▸ Task objective: From the line with "subst Ascends (sym" to the final line of the records, every line is to be duplicated exactly, both of those lines included.

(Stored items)

___

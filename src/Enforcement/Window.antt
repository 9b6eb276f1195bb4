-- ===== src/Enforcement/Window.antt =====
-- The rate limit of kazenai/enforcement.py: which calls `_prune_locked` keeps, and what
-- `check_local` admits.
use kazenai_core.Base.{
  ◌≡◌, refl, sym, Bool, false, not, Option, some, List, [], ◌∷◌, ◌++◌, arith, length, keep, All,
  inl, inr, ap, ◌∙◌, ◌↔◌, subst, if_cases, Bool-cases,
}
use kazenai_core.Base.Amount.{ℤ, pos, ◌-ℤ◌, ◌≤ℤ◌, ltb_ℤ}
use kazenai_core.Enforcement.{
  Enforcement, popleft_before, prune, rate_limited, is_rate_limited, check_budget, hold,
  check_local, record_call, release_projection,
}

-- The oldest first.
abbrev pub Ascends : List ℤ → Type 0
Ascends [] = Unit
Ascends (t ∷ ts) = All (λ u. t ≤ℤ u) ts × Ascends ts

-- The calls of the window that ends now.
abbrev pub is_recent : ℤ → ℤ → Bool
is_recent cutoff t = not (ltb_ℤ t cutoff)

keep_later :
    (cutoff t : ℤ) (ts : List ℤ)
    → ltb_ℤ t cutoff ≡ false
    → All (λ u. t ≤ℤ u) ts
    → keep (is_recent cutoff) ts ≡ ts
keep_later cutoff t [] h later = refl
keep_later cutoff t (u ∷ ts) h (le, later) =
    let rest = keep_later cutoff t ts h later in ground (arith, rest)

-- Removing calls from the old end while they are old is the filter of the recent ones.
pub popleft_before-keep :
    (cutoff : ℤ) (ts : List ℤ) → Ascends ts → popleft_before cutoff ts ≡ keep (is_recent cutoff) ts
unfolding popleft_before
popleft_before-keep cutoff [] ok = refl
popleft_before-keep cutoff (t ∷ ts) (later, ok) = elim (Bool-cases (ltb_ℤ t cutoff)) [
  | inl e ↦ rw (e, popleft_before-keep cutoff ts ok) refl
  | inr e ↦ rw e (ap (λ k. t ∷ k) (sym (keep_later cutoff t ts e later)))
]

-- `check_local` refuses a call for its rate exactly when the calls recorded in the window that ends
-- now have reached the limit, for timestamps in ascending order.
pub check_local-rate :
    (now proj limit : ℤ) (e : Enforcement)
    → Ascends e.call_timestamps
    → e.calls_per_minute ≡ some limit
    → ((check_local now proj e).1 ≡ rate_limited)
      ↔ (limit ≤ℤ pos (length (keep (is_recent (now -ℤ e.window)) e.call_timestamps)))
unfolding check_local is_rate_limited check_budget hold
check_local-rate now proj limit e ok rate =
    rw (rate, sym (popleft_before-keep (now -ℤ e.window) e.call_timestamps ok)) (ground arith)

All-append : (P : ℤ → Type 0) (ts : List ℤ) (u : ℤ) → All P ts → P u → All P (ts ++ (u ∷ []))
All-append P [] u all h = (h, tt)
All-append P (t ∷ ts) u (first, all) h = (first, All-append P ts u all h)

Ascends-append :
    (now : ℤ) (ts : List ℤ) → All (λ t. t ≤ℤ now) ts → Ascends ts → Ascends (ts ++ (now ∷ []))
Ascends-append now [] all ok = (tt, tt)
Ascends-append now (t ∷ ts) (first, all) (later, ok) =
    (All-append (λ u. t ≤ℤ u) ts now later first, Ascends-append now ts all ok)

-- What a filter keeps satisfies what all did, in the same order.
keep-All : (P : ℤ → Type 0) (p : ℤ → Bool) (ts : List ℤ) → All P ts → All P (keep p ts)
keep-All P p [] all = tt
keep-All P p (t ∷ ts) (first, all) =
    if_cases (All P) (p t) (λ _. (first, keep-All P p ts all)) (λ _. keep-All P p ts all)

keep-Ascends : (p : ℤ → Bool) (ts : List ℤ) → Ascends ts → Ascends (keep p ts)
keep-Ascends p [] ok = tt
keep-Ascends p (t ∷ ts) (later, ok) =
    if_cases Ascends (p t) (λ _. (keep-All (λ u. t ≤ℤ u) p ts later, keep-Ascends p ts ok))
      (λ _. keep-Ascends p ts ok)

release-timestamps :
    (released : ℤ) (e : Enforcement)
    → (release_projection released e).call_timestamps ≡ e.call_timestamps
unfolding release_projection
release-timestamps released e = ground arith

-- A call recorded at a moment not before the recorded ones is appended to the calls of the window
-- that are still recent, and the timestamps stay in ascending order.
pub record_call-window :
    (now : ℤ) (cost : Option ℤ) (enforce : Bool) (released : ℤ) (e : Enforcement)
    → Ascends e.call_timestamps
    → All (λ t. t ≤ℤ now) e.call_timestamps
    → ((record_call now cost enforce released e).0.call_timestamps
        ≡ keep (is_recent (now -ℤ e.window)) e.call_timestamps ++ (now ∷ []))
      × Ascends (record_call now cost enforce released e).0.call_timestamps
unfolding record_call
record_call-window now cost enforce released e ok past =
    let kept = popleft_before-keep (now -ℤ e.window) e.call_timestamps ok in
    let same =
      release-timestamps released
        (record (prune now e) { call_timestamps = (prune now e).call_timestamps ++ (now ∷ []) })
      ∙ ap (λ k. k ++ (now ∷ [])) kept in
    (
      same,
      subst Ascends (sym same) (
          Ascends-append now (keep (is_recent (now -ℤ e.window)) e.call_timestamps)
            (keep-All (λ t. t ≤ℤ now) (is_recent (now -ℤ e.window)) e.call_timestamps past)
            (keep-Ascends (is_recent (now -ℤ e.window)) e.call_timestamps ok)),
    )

___

▸ Reply:
      subst Ascends (sym same) (
          Ascends-append now (keep (is_recent (now -ℤ e.window)) e.call_timestamps)
            (keep-All (λ t. t ≤ℤ now) (is_recent (now -ℤ e.window)) e.call_timestamps past)
            (keep-Ascends (is_recent (now -ℤ e.window)) e.call_timestamps ok)),
    )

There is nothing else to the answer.